**ABOUT THIS EXERCISE**. Keep only those lines of the records that include the string "node".

--- INFORMATION SHOWN ---

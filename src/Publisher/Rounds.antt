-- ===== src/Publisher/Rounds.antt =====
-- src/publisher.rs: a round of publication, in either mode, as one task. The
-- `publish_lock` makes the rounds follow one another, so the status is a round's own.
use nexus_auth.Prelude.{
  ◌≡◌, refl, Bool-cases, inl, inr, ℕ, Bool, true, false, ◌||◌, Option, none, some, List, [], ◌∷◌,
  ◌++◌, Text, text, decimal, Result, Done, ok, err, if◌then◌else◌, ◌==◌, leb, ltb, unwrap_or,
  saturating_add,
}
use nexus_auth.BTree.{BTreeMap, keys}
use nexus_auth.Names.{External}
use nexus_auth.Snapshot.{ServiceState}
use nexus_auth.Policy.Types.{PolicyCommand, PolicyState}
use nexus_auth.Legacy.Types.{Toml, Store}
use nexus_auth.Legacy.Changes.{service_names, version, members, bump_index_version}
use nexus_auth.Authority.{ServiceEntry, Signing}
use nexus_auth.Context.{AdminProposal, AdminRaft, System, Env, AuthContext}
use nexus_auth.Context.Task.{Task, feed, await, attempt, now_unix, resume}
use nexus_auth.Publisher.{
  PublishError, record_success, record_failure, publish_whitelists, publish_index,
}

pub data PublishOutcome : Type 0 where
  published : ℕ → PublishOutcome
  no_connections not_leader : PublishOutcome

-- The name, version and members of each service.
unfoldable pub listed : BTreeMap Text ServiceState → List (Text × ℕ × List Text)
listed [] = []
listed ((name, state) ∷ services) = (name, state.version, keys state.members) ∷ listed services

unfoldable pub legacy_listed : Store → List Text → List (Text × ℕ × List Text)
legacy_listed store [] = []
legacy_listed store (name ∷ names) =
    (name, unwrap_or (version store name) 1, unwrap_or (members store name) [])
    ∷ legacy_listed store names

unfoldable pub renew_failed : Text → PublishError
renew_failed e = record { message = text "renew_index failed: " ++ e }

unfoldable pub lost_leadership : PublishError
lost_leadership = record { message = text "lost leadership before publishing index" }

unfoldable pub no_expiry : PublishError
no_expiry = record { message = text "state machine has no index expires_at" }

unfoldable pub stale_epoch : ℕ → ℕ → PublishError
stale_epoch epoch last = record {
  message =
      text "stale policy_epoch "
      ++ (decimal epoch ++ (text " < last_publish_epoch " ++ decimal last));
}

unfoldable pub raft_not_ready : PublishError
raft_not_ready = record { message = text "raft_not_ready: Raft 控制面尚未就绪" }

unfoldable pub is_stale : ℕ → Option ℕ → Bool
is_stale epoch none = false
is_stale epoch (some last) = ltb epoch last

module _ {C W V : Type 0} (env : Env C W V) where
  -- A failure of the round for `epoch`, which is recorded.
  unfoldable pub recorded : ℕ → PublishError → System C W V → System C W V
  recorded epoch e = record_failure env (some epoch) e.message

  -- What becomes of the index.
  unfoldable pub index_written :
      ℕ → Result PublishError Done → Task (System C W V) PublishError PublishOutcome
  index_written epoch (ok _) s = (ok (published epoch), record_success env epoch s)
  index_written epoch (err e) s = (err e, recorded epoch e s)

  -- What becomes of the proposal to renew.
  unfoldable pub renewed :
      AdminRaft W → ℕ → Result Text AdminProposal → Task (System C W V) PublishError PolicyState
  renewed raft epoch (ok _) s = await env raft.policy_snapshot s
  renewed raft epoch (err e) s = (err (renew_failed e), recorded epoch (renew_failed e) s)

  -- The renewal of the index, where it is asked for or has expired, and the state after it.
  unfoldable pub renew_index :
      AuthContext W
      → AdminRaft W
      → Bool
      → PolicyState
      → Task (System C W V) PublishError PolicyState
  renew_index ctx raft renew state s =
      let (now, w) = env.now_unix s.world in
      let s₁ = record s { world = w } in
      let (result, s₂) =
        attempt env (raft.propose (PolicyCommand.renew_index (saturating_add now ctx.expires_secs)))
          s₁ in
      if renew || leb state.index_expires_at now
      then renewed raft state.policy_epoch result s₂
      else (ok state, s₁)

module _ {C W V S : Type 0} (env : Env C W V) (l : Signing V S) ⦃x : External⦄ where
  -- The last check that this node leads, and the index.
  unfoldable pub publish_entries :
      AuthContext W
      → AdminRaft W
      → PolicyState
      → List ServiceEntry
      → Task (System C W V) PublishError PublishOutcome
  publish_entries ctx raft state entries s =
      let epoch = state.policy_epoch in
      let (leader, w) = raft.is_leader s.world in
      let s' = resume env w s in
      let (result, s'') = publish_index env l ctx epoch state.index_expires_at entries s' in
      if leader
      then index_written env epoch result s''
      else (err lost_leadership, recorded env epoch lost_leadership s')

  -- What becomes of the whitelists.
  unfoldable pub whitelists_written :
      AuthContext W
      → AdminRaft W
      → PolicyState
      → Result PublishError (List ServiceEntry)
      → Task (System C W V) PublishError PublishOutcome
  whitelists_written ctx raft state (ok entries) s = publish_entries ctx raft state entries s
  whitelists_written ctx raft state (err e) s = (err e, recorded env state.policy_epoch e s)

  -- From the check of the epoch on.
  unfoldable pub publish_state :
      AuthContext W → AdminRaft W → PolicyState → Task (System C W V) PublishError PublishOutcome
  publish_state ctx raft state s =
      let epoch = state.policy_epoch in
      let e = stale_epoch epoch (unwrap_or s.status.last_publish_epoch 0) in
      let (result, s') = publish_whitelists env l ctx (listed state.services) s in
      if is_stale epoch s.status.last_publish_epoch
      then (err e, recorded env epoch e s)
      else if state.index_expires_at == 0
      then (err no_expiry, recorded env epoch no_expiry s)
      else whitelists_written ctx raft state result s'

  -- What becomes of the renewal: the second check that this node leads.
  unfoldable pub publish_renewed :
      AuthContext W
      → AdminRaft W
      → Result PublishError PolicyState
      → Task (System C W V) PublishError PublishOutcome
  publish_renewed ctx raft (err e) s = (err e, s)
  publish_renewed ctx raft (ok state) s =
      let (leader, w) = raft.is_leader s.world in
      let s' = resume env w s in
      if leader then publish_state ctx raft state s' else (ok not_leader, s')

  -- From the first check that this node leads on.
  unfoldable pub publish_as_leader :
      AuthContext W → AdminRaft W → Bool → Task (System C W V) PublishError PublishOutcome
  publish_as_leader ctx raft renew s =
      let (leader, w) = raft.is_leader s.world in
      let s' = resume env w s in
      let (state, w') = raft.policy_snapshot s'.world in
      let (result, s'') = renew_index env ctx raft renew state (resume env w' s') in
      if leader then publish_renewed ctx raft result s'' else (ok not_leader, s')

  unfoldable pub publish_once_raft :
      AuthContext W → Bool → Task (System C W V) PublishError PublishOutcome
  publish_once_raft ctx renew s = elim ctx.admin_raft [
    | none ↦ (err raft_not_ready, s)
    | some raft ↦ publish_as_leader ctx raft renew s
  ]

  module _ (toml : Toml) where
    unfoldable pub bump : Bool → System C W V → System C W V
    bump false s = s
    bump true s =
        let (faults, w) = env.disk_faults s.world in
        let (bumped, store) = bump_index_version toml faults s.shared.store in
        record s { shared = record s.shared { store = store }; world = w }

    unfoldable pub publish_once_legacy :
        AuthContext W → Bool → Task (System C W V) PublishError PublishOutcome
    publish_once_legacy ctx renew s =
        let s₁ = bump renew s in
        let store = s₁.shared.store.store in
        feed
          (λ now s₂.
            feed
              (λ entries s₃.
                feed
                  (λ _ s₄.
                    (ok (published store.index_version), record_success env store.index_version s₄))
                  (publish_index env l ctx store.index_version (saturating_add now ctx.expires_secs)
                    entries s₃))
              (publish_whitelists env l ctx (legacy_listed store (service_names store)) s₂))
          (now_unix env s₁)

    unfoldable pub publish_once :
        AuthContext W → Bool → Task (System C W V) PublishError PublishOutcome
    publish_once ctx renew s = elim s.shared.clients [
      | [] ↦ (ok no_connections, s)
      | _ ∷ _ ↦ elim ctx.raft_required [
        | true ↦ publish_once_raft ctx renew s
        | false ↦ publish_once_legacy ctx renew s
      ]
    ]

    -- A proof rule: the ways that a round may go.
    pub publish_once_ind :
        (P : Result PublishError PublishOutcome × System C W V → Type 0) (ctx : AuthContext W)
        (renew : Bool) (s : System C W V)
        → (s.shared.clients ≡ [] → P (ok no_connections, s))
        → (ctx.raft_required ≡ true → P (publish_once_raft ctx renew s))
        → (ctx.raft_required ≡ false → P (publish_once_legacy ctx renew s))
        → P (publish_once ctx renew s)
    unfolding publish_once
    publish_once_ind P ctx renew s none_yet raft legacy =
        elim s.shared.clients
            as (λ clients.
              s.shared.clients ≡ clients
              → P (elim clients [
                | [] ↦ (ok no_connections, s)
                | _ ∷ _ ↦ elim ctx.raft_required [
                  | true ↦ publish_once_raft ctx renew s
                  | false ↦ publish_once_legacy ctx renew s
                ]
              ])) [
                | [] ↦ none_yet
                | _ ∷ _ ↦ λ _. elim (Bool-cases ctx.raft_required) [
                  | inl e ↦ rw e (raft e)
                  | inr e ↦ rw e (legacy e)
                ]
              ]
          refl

---

**EXERCISE OUTPUT**.
  -- The last check that this node leads, and the index.
  -- What becomes of the renewal: the second check that this node leads.
  -- From the first check that this node leads on.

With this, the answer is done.